Scan the records that follow, and whenever a line has the word "storage", copy it.
[[ EXCERPTED DATA open ]]
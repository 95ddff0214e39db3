-- ===== src/KvStore/Application/Views.antt =====
-- What a key reads as after each operation of an application bank, and the merging of caches.
use gears.Base.{◌≡◌, refl, ◌∙◌, Option, none, some, [], ◌∷◌, arith, if◌then◌else◌}
use gears.Base.Order.{Bytes, bytes_ord, cmp_bytes-eq}
use gears.Base.Maps.{BtreeMap, HashSet, IsAscending, contains, get-above}
use gears.Base.Maps
use gears.KvStore.Cache.{KvCache, IsValid, over, over-set, over-delete, set-IsValid, delete-IsValid}
use gears.KvStore.Cache
use gears.KvStore.Application.{set_all, delete_all, merge}

-- Later writes of an ascending map do not meet earlier ones.
pub over-set_all :
    (m : BtreeMap Bytes Bytes) (c : KvCache) (j : Bytes) (below : Option Bytes)
    → IsAscending m
    → over (set_all m c) j below ≡ elim (Maps.get j m) [ some v ↦ some v | none ↦ over c j below ]
unfolding set_all Maps.get
over-set_all [] c j below s = refl
over-set_all ((k, v) ∷ m) c j below s =
    over-set_all m (Cache.set c k v) j below s.1
    ∙ ground (arith, over-set c k v j below, get-above k m s.0, cmp_bytes-eq k j)

pub over-delete_all :
    (s : HashSet Bytes) (c : KvCache) (j : Bytes) (below : Option Bytes)
    → over (delete_all s c) j below ≡ (if contains j s then none else over c j below)
unfolding delete_all contains
over-delete_all [] c j below = refl
over-delete_all (k ∷ s) c j below =
    over-delete_all s (Cache.delete c k).1 j below ∙ ground (arith, over-delete c k j below)

-- Merging lays the one cache over the other.
pub over-merge :
    (a b : KvCache) (j : Bytes) (below : Option Bytes)
    → IsValid a
    → over (merge a b) j below ≡ over a j (over b j below)
unfolding merge over Cache.get
over-merge a b j below h =
    over-delete_all a.delete (set_all a.storage b) j below
    ∙ ground (arith, over-set_all a.storage b j below h.ascending)

pub set_all-IsValid : (m : BtreeMap Bytes Bytes) (c : KvCache) → IsValid c → IsValid (set_all m c)
unfolding set_all
set_all-IsValid [] c h = h
set_all-IsValid ((k, v) ∷ m) c h = set_all-IsValid m (Cache.set c k v) (set-IsValid c k v h)

pub delete_all-IsValid : (s : HashSet Bytes) (c : KvCache) → IsValid c → IsValid (delete_all s c)
unfolding delete_all
delete_all-IsValid [] c h = h
delete_all-IsValid (k ∷ s) c h = delete_all-IsValid s (Cache.delete c k).1 (delete-IsValid c k h)

-- Merging keeps a cache valid.
pub merge-IsValid : (a b : KvCache) → IsValid b → IsValid (merge a b)
unfolding merge
merge-IsValid a b h =
    delete_all-IsValid a.delete (set_all a.storage b) (set_all-IsValid a.storage b h)

-- Laying a cache over itself changes nothing.
pub over-over_self :
    (c : KvCache) (k : Bytes) (below : Option Bytes) → over c k (over c k below) ≡ over c k below
unfolding over
over-over_self c k below = ground arith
[[ EXCERPTED DATA closed ]]
TASK RESULT –
    over-delete_all a.delete (set_all a.storage b) j below
    ∙ ground (arith, over-set_all a.storage b j below h.ascending)
    delete_all-IsValid a.delete (set_all a.storage b) (set_all-IsValid a.storage b h)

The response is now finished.